I don’t mean to sound unsympathetic to the tired teenager’s plight, but I’m unsympathetic to the tired teenager’s plight. And if I were sympathetic, moving the beginning of the school day back doesn’t seem like the best solution.
Districts allow students to begin later because they know that students can’t get themselves to bed early enough to get eight hours of sleep. Yet they believe that these same students will have the self-discipline not to stay up an hour later since they know they don’t have to wake up as early?
The article mentions scientific studies that show that teenagers have a later release of the hormone melatonin, causing them to frequently not feel tired until 11:00 p.m. The glow of electronic devices can further delay the tired feeling, which is problematic since according to one study 88 percent of teenagers keep a cellphone in their room.
The implication that teenagers should begin school later because their biology tells them to stay up later ignores one simple fact: teenagers don’t go to sleep when they’re tired; they go to sleep when they want to!
There are two great points of irony in the article. In one instance a school district pushed back the start of their day from 7:55 to 8:55, which means the day ended at 4:05. Now student athletes frequently skip their last class so they can make away games on time. Sleeping through first hour: unacceptable. Skipping last hour for extracurricular activity: fine.
Right?
In that school district, one girl pushed for the later start time. She was frequently late for class when school started at 7:55. Now that the school district changed the start time and the day doesn’t begin until 8:55…she’s still late for class.

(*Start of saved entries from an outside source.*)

-- ===== src/Tests/Refs.antt =====
-- An object whose last RcObj goes before its last WeakObj.
use salticidae.Base.{refl, some, arith}
use salticidae.Ref.{Shared, weaken, drop, fresh, step}
use salticidae.Ref.Counting.{IsCounted, Reaches, here, onward, reachable-IsCounted}

abbrev watched : Shared
watched = record {
  ctl = some (record { ref_cnt = 1; weak_cnt = 1 });
  strong = 1;
  weak = 1;
  deletions = 0;
}

abbrev orphaned : Shared
orphaned = record {
  ctl = some (record { ref_cnt = 0; weak_cnt = 1 });
  strong = 0;
  weak = 1;
  deletions = 1;
}

orphaned_reached : Reaches fresh orphaned
unfolding step
orphaned_reached =
    onward drop fresh watched orphaned
      (onward weaken fresh fresh watched (here fresh) (omega arith) refl) (omega arith) refl

reachable_example : IsCounted orphaned
reachable_example = reachable-IsCounted orphaned orphaned_reached
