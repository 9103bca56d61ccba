-- ===== src/Text.antt =====
-- `split` of src/util.cpp, on strings as lists of characters.
pub mod Splitting
use salticidae.Base.{
  ℕ, zero, suc, ◌+◌, ◌-◌, Bool, true, false, ◌&&◌, List, [], ◌∷◌, ◌++◌, length, take, drop, Option,
  none, some, ◌==◌, if◌then◌else◌,
}

is_prefix : List ℕ → List ℕ → Bool
is_prefix [] xs = true
is_prefix (d ∷ ds) [] = false
is_prefix (d ∷ ds) (x ∷ xs) = (d == x) && is_prefix ds xs

abbrev pub next : Option ℕ → Option ℕ
next none = none
next (some n) = some (suc n)

-- Where `delim` is in a string first.
pub find : List ℕ → List ℕ → Option ℕ
unfolding is_prefix
find delim [] = if is_prefix delim [] then some 0 else none
find delim (x ∷ xs) =
    let rest = find delim xs in if is_prefix delim (x ∷ xs) then some 0 else next rest

-- `s.substr(pos, len)`
abbrev pub substr : List ℕ → ℕ → ℕ → List ℕ
substr s pos len = take len (drop pos s)

behind : ℕ → Option ℕ → Option ℕ
behind lastpos none = none
behind lastpos (some n) = some (lastpos + n)

-- `s.find(delim, lastpos)`
find_from : List ℕ → List ℕ → ℕ → Option ℕ
unfolding find behind
find_from delim s lastpos = behind lastpos (find delim (drop lastpos s))

-- What the loop does with the next delimiter; `more` is the next round.
cut :
    List ℕ
    → List ℕ
    → ℕ
    → List (List ℕ)
    → (ℕ → List (List ℕ) → Option (List (List ℕ)))
    → Option ℕ
    → Option (List (List ℕ))
cut s delim lastpos res more none = some (res ++ (substr s lastpos (length s - lastpos) ∷ []))
cut s delim lastpos res more (some pos) =
    more (pos + length delim) (res ++ (substr s lastpos (pos - lastpos) ∷ []))

-- `none` if the fuel runs out.
split_loop : ℕ → List ℕ → List ℕ → ℕ → List (List ℕ) → Option (List (List ℕ))
unfolding find_from cut
split_loop zero s delim lastpos res = none
split_loop (suc fuel) s delim lastpos res =
    cut s delim lastpos res (split_loop fuel s delim) (find_from delim s lastpos)

-- Each round that goes on moves behind a delimiter.
pub split : List ℕ → List ℕ → Option (List (List ℕ))
unfolding split_loop
split s delim = split_loop (suc (length s)) s delim 0 []
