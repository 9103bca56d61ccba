-- ===== src/Text/Splitting.antt =====
-- The pieces of a string that is split are what stands between the delimiters.
use mathlib.Core.Option.{none-ne-some, some-injective}
use salticidae.Base.{
  ℕ, zero, suc, ◌+◌, ◌-◌, ◌≤◌, ◌<◌, ◌≡◌, inl, inr, refl, sym, ap, subst, ◌∙◌, true, false,
  Bool-cases, Option-cases, List, [], ◌∷◌, ◌++◌, length, take, drop, Option, none, some, ◌==◌,
  ==_iff, arith, append_assoc, take_all, drop-drop, length-drop, true≢false,
}
use salticidae.Bytes.{All}
use salticidae.Text.{is_prefix, next, find, substr, find_from, behind, cut, split_loop, split}

is_prefix-append :
    (ds xs : List ℕ)
    → is_prefix ds xs ≡ true
    → (length ds ≤ length xs) × (xs ≡ ds ++ drop (length ds) xs)
unfolding is_prefix
is_prefix-append [] xs e = (omega arith, refl)
is_prefix-append (d ∷ ds) [] e = absurd (true≢false (sym e))
is_prefix-append (d ∷ ds) (x ∷ xs) e = elim (Bool-cases (d == x)) [
  | inl y ↦
      let (n, k) = is_prefix-append ds xs (rw y at e) in
      (omega (arith, n), ap (λ z. z ∷ xs) (sym ((==_iff d x).0 y)) ∙ ap (◌∷◌ d) k)
  | inr n ↦ absurd (true≢false (sym (rw n at e)))
]

is_prefix-take :
    (ds xs : List ℕ) (n : ℕ) → is_prefix ds xs ≡ false → is_prefix ds (take n xs) ≡ false
unfolding is_prefix
is_prefix-take [] xs n e = e
is_prefix-take (d ∷ ds) xs zero e = refl
is_prefix-take (d ∷ ds) [] (suc n) e = refl
is_prefix-take (d ∷ ds) (x ∷ xs) (suc n) e = elim (Bool-cases (d == x)) [
  | inl y ↦ rw y (is_prefix-take ds xs n (rw y at e))
  | inr o ↦ rw o refl
]

record Found (delim xs : List ℕ) (n : ℕ) : Type 0 where
  room : n + length delim ≤ length xs
  parts : xs ≡ take n xs ++ (delim ++ drop (n + length delim) xs)
  first : find delim (take n xs) ≡ none

empty_lem : (ds : List ℕ) → 0 < length ds → find ds [] ≡ none
unfolding find is_prefix
empty_lem [] h = absurd (omega (arith, h))
empty_lem (d ∷ ds) h = refl

module _ (delim : List ℕ) (filled : 0 < length delim) where
  find-empty : find delim [] ≡ none
  find-empty = empty_lem delim filled

  found_here : (xs : List ℕ) → is_prefix delim xs ≡ true → Found delim xs 0
  found_here xs y =
      let (n, k) = is_prefix-append delim xs y in
      record {
        room = omega (arith, n);
        parts =
            let e : length delim ≡ 0 + length delim = omega arith in
            k ∙ ap (λ m. delim ++ drop m xs) e;
        first = find-empty;
      }

  later :
      (x : ℕ) (xs : List ℕ) (k : ℕ)
      → is_prefix delim (x ∷ xs) ≡ false
      → Found delim xs k
      → Found delim (x ∷ xs) (suc k)
  unfolding find
  later x xs k o f = record {
    room = omega (arith, f.room);
    parts =
        let e : suc (k + length delim) ≡ suc k + length delim = omega arith in
        ap (◌∷◌ x) f.parts ∙ ap (λ m. x ∷ (take k xs ++ (delim ++ drop m (x ∷ xs)))) e;
    first = rw (is_prefix-take delim (x ∷ xs) (suc k) o) (ap next f.first);
  }

  find-Found : (xs : List ℕ) (n : ℕ) → find delim xs ≡ some n → Found delim xs n
  unfolding find
  find-Found [] n e = absurd (none-ne-some n (sym find-empty ∙ e))
  find-Found (x ∷ xs) n e = elim (Bool-cases (is_prefix delim (x ∷ xs))) [
    | inl y ↦ subst (Found delim (x ∷ xs)) (some-injective 0 n (rw y at e)) (found_here (x ∷ xs) y)
    | inr o ↦ elim (Option-cases (find delim xs)) [
      | inl none_left ↦ absurd (none-ne-some n (ap next (sym none_left) ∙ rw o at e))
      | inr (k, at_k) ↦
          subst (Found delim (x ∷ xs)) (some-injective (suc k) n (ap next (sym at_k) ∙ rw o at e))
            (later x xs k o (find-Found xs k at_k))
    ]
  ]

-- The pieces with the delimiter between them.
abbrev pub join : List ℕ → List ℕ → List (List ℕ) → List ℕ
join delim x [] = x
join delim x (y ∷ ys) = x ++ (delim ++ join delim y ys)

abbrev pub IsFree : List ℕ → List ℕ → Type 0
IsFree delim x = find delim x ≡ none

module _ (s delim : List ℕ) (filled : 0 < length delim) where
  abbrev Pieces : Option (List (List ℕ)) → List (List ℕ) → List ℕ → Type 0
  Pieces o res left =
      (x : List ℕ) × (ys : List (List ℕ)) × (o ≡ some (res ++ (x ∷ ys)))
      × (join delim x ys ≡ left)
      × All (IsFree delim) (x ∷ ys)

  module _ (fuel lastpos : ℕ) (res : List (List ℕ)) (h : lastpos ≤ length s) where
    -- One round, by what `find` says.
    abbrev Round : Option ℕ → Type 0
    Round o =
        Pieces (cut s delim lastpos res (split_loop fuel s delim) (behind lastpos o)) res
          (drop lastpos s)

    whole : substr s lastpos (length s - lastpos) ≡ drop lastpos s
    whole = take_all (length s - lastpos) (drop lastpos s) (omega (arith, length-drop lastpos s))

    last_piece : find delim (drop lastpos s) ≡ none → Round none
    unfolding cut behind
    last_piece e =
        (substr s lastpos (length s - lastpos), [], refl, whole, (ap (find delim) whole ∙ e, tt))

    next_piece :
        (n : ℕ)
        → Found delim (drop lastpos s) n
        → Pieces
            (split_loop fuel s delim
              (lastpos + n + length delim)
              (res ++ (substr s lastpos (lastpos + n - lastpos) ∷ [])))
            (res ++ (substr s lastpos (lastpos + n - lastpos) ∷ []))
            (drop (lastpos + n + length delim) s)
        → Round (some n)
    unfolding cut behind
    next_piece n f (x, ys, e, joined, free) =
        let here : lastpos + n - lastpos ≡ n = omega arith in
        let piece : substr s lastpos (lastpos + n - lastpos) ≡ take n (drop lastpos s) =
          ap (λ k. take k (drop lastpos s)) here in
        let pos : lastpos + (n + length delim) ≡ lastpos + n + length delim = omega arith in
        (
          substr s lastpos (lastpos + n - lastpos),
          x ∷ ys,
          e ∙ ap some (append_assoc res (substr s lastpos (lastpos + n - lastpos) ∷ []) (x ∷ ys)),
          ap (λ t. t ++ (delim ++ join delim x ys)) piece
              ∙ ap (λ t. take n (drop lastpos s) ++ (delim ++ t))
                  (joined ∙ sym (drop-drop (n + length delim) lastpos s ∙ ap (λ k. drop k s) pos))
              ∙ sym f.parts,
          (ap (find delim) piece ∙ f.first, free),
        )

  split_loop_lem :
      (fuel lastpos : ℕ) (res : List (List ℕ))
      → lastpos ≤ length s
      → length s - lastpos < fuel
      → Pieces (split_loop fuel s delim lastpos res) res (drop lastpos s)
  unfolding split_loop find_from
  split_loop_lem zero lastpos res h l = absurd (omega (arith, l))
  split_loop_lem (suc fuel) lastpos res h l = elim (Option-cases (find delim (drop lastpos s))) [
    | inl e ↦ subst (Round fuel lastpos res h) (sym e) (last_piece fuel lastpos res h e)
    | inr (n, e) ↦
        let f = find-Found delim filled (drop lastpos s) n e in
        subst (Round fuel lastpos res h) (sym e) (
          next_piece fuel lastpos res h n f (
            split_loop_lem fuel (lastpos + n + length delim) _
              (omega (arith, f.room, length-drop lastpos s, h))
              (omega (arith, f.room, length-drop lastpos s, h, l, filled))))
  ]

-- A string is split at a delimiter that is not empty: the call ends, the delimiter is in none of the pieces, and the
-- pieces with the delimiter between them are the string.
pub split_lem :
    (s delim : List ℕ)
    → 0 < length delim
    → (x : List ℕ) × (ys : List (List ℕ)) × (split s delim ≡ some (x ∷ ys))
      × (join delim x ys ≡ s)
      × All (IsFree delim) (x ∷ ys)
unfolding split
split_lem s delim filled =
    split_loop_lem s delim filled (suc (length s)) 0 [] (omega arith) (omega arith)

-- With an empty delimiter no fuel is enough: the loop of the source adds empty pieces for ever.
split_loop_empty : (fuel : ℕ) (s : List ℕ) (res : List (List ℕ)) → split_loop fuel s [] 0 res ≡ none
unfolding split_loop find_from cut behind find is_prefix
split_loop_empty zero s res = refl
split_loop_empty (suc fuel) [] res = split_loop_empty fuel [] _
split_loop_empty (suc fuel) (x ∷ xs) res = split_loop_empty fuel (x ∷ xs) _
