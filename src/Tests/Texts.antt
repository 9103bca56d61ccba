-- ===== src/Tests/Texts.antt =====
-- A string of two words and a delimiter at its end.
use salticidae.Base.{ℕ, ◌≡◌, List, [], ◌∷◌, some, arith}
use salticidae.Bytes.{All}
use salticidae.Text.{split}
use salticidae.Text.Splitting.{IsFree, join, split_lem}

split_example :
    (x : List ℕ) × (ys : List (List ℕ)) × (split (104 ∷ 105 ∷ 58 ∷ 111 ∷ 58 ∷ []) (58 ∷ [])
      ≡ some (x ∷ ys))
    × (join (58 ∷ []) x ys ≡ 104 ∷ 105 ∷ 58 ∷ 111 ∷ 58 ∷ [])
    × All (IsFree (58 ∷ [])) (x ∷ ys)
split_example = split_lem (104 ∷ 105 ∷ 58 ∷ 111 ∷ 58 ∷ []) (58 ∷ []) (omega arith)
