-- ===== src/Transcripts/Digits.antt =====
-- How the numbers in a time stamp of backend/apps/transcripts/rendering.py are read: a strict reader
-- of WebVTT time stamps, and the widths of what the renderer writes.
use e_platform.Prelude.{
  ℕ, zero, suc, ◌+◌, ◌*◌, ◌-◌, ◌/◌, ◌%◌, ◌<◌, ◌≤◌, ◌≡◌, inl, inr, refl, ap, ◌∙◌, Bool, true, false,
  ◌==◌, ◌&&◌, [], ◌∷◌, ◌++◌, ltb, leb, if◌then◌else◌, arith, Bool-cases,
}
use e_platform.Prelude.Result.{Result, ok, err, ◌>>=◌, ◌>>◌, require}
use e_platform.Prelude.Text.{Text}
use e_platform.Transcripts.Rendering.{
  RenderError, value_error, digit, decimal_by, decimal, pad2, pad3,
}

-- The digits at the head of a text: how many, their value, and what follows.
abbrev pub is_digit : ℕ → Bool
is_digit c = leb 48 c && leb c 57

abbrev pub take_digits : ℕ → ℕ → Text → ℕ × ℕ × Text
take_digits k acc [] = (k, acc, [])
take_digits k acc (c ∷ s) =
    let more = take_digits (k + 1) (acc * 10 + (c - 48)) s in
    if is_digit c then more else (k, acc, c ∷ s)

-- A number of a fitting width, and a single character.
abbrev pub field : (ℕ → Bool) → Text → Result RenderError (ℕ × Text)
field width s =
    let (k, n, rest) = take_digits 0 0 s in require (width k) value_error >> ok (n, rest)

abbrev pub expect : ℕ → Text → Result RenderError Text
expect c [] = err value_error
expect c (d ∷ s) = require (d == c) value_error >> ok s

abbrev pub is_end : Text → Bool
is_end [] = true
is_end (c ∷ s) = false

-- A WebVTT time stamp: hours of two digits or more, a colon, two digits of minutes, a colon, two
-- digits of seconds, a full stop, three digits of milliseconds, and no more; in milliseconds.
abbrev pub read_timestamp : Text → Result RenderError ℕ
read_timestamp s = do
  h ← field (leb 2) s
  after_h ← expect 58 h.1
  m ← field (λ k. k == 2) after_h
  after_m ← expect 58 m.1
  sec ← field (λ k. k == 2) after_m
  after_s ← expect 46 sec.1
  ms ← field (λ k. k == 3) after_s
  require (is_end ms.1 && ltb m.0 60 && ltb sec.0 60) value_error
  ok (((h.0 * 60 + m.0) * 60 + sec.0) * 1000 + ms.0)

read_digit :
    (k acc n : ℕ) (rest : Text)
    → n < 10
    → take_digits k acc (digit n ∷ rest) ≡ take_digits (k + 1) (acc * 10 + n) rest
read_digit k acc n rest l =
    let same : 48 + n - 48 ≡ n = omega arith in
    let low : leb 48 (48 + n) ≡ true = ground arith in
    let high : leb (48 + n) 57 ≡ true = ground arith in
    rw (low, high) (ap (λ j. take_digits (k + 1) (acc * 10 + j) rest) same)

pub append_assoc : (a b c : Text) → (a ++ b) ++ c ≡ a ++ (b ++ c)
append_assoc [] b c = refl
append_assoc (x ∷ a) b c = ap (λ t. x ∷ t) (append_assoc a b c)

-- How many digits a number has.
digits_by : ℕ → ℕ → ℕ
digits_by zero n = 0
digits_by (suc fuel) n = let rest = digits_by fuel (n / 10) in if ltb n 10 then 1 else rest + 1

read_decimal_by :
    (fuel k n : ℕ) (rest : Text)
    → n < fuel
    → take_digits k 0 (decimal_by fuel n ++ rest) ≡ take_digits (k + digits_by fuel n) n rest
unfolding digits_by
read_decimal_by zero k n rest l = absurd (omega arith)
read_decimal_by (suc fuel) k n rest l = elim (Bool-cases (ltb n 10)) [
  | inl e ↦
      rw e
        (read_digit k 0 n rest (ground arith) ∙ ap (λ j. take_digits (k + 1) j rest) (omega arith))
  | inr e ↦
      let ten : 10 ≤ n = ground arith in
      let shorter : n / 10 < fuel = omega arith in
      let whole : n / 10 * 10 + n % 10 ≡ n = omega arith in
      let width : k + digits_by fuel (n / 10) + 1 ≡ k + (digits_by fuel (n / 10) + 1) =
        omega arith in
      rw e (
        ap (take_digits k 0) (append_assoc (decimal_by fuel (n / 10)) (digit (n % 10) ∷ []) rest)
        ∙ read_decimal_by fuel k (n / 10) (digit (n % 10) ∷ rest) shorter
        ∙ read_digit (k + digits_by fuel (n / 10)) (n / 10) (n % 10) rest (omega arith)
        ∙ ap (λ j. take_digits j (n / 10 * 10 + n % 10) rest) width
        ∙ ap (λ j. take_digits (k + (digits_by fuel (n / 10) + 1)) j rest) whole)
]

pub width : ℕ → ℕ
width n = digits_by (suc n) n

pub read_decimal :
    (k n : ℕ) (rest : Text) → take_digits k 0 (decimal n ++ rest) ≡ take_digits (k + width n) n rest
unfolding decimal width
read_decimal k n rest = read_decimal_by (suc n) k n rest (omega arith)

one_digit : (fuel n : ℕ) → n < 10 → digits_by (suc fuel) n ≡ 1
unfolding digits_by
one_digit fuel n l = let small : ltb n 10 ≡ true = ground arith in rw small refl

two_digits : (fuel n : ℕ) → 10 ≤ n → n < 100 → digits_by (suc (suc fuel)) n ≡ 2
unfolding digits_by
two_digits fuel n l m =
    let large : ltb n 10 ≡ false = ground arith in
    let small : ltb (n / 10) 10 ≡ true = ground arith in rw (large, small) refl

three_digits : (fuel n : ℕ) → 100 ≤ n → n < 1000 → digits_by (suc (suc (suc fuel))) n ≡ 3
unfolding digits_by
three_digits fuel n l m =
    let large : ltb n 10 ≡ false = ground arith in
    let tens : ltb (n / 10) 10 ≡ false = ground arith in
    let small : ltb (n / 10 / 10) 10 ≡ true = ground arith in rw (large, tens, small) refl

width_one : (n : ℕ) → n < 10 → width n ≡ 1
unfolding width
width_one n l = one_digit n n l

width_two : (n : ℕ) → 10 ≤ n → n < 100 → width n ≡ 2
unfolding width
width_two zero l m = absurd (omega arith)
width_two (suc n) l m = two_digits n (suc n) l m

width_three : (n : ℕ) → 100 ≤ n → n < 1000 → width n ≡ 3
unfolding width
width_three zero l m = absurd (omega arith)
width_three (suc zero) l m = absurd (omega arith)
width_three (suc (suc n)) l m = three_digits n (suc (suc n)) l m

-- At least two digits, from ten on.
width_more : (n : ℕ) → 10 ≤ n → 2 ≤ width n
unfolding width digits_by
width_more zero l = absurd (omega arith)
width_more (suc n) l =
    let large : ltb (suc n) 10 ≡ false = ground arith in
    elim (Bool-cases (ltb (suc n / 10) 10)) [
      | inl e ↦ rw (large, e) (omega arith)
      | inr e ↦ rw (large, e) (omega arith)
    ]

pub pad2_wide :
    (n : ℕ) (rest : Text)
    → (k : ℕ) × (leb 2 k ≡ true) × (take_digits 0 0 (pad2 n ++ rest) ≡ take_digits k n rest)
unfolding pad2
pad2_wide n rest = elim (Bool-cases (ltb n 10)) [
  | inl e ↦
      let one = width_one n (ground arith) in
      (
        1 + width n,
        ground arith,
        rw e (read_digit 0 0 0 (decimal n ++ rest) (omega arith) ∙ read_decimal 1 n rest),
      )
  | inr e ↦
      let more = width_more n (ground arith) in
      (0 + width n, ground arith, rw e (read_decimal 0 n rest))
]

pub pad2_two :
    (n : ℕ) (rest : Text) → n < 100 → take_digits 0 0 (pad2 n ++ rest) ≡ take_digits 2 n rest
unfolding pad2
pad2_two n rest l = elim (Bool-cases (ltb n 10)) [
  | inl e ↦
      let two : 1 + width n ≡ 2 = omega (arith, width_one n (ground arith)) in
      rw e (
        read_digit 0 0 0 (decimal n ++ rest) (omega arith)
        ∙ read_decimal 1 n rest
        ∙ ap (λ k. take_digits k n rest) two)
  | inr e ↦
      let two : 0 + width n ≡ 2 = omega (arith, width_two n (ground arith) l) in
      rw e (read_decimal 0 n rest ∙ ap (λ k. take_digits k n rest) two)
]

pub pad3_three :
    (n : ℕ) (rest : Text) → n < 1000 → take_digits 0 0 (pad3 n ++ rest) ≡ take_digits 3 n rest
unfolding pad3 pad2
pad3_three n rest l = elim (Bool-cases (ltb n 100)) [
  | inl e ↦ elim (Bool-cases (ltb n 10)) [
    | inl f ↦
        let three : 2 + width n ≡ 3 = omega (arith, width_one n (ground arith)) in
        rw (e, f)
          (read_digit 0 0 0 (digit 0 ∷ (decimal n ++ rest)) (omega arith)
            ∙ read_digit 1 0 0 (decimal n ++ rest) (omega arith)
            ∙ read_decimal 2 n rest
            ∙ ap (λ k. take_digits k n rest) three)
    | inr f ↦
        let three : 1 + width n ≡ 3 = omega (arith, width_two n (ground arith) (ground arith)) in
        rw (e, f)
          (read_digit 0 0 0 (decimal n ++ rest) (omega arith)
            ∙ read_decimal 1 n rest
            ∙ ap (λ k. take_digits k n rest) three)
  ]
  | inr e ↦
      let three : 0 + width n ≡ 3 = omega (arith, width_three n (ground arith) l) in
      rw e (read_decimal 0 n rest ∙ ap (λ k. take_digits k n rest) three)
]

pub append_nil : (a : Text) → a ++ [] ≡ a
append_nil [] = refl
append_nil (x ∷ a) = ap (λ t. x ∷ t) (append_nil a)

It’s safe to say that tired teenagers will be a problem for as long as society demands that teenagers do anything they don’t want to do. Is that a problem? Maybe. But it’s a problem that millions of teenagers have somehow overcome for decades. They might face a bigger problem when they leave high school and discover that the rest of the world isn’t going to change the hours of operation simply because they can’t get themselves to bed.  
Teenagers are unique. They’re not little children, they’re not mature adults. They’re learning how the world works, while already thinking they know how the world works. Instead of pushing back the beginning of the day, maybe we’d be better of with a simple three word set of instructions that apply to many different situations including when to go to bed and when to get to school: Be on time.

1 comment:

  1. Some days I wish they had 24/7 high school so I didn't have to deal with teenage angst at home. Maybe I should start a petition.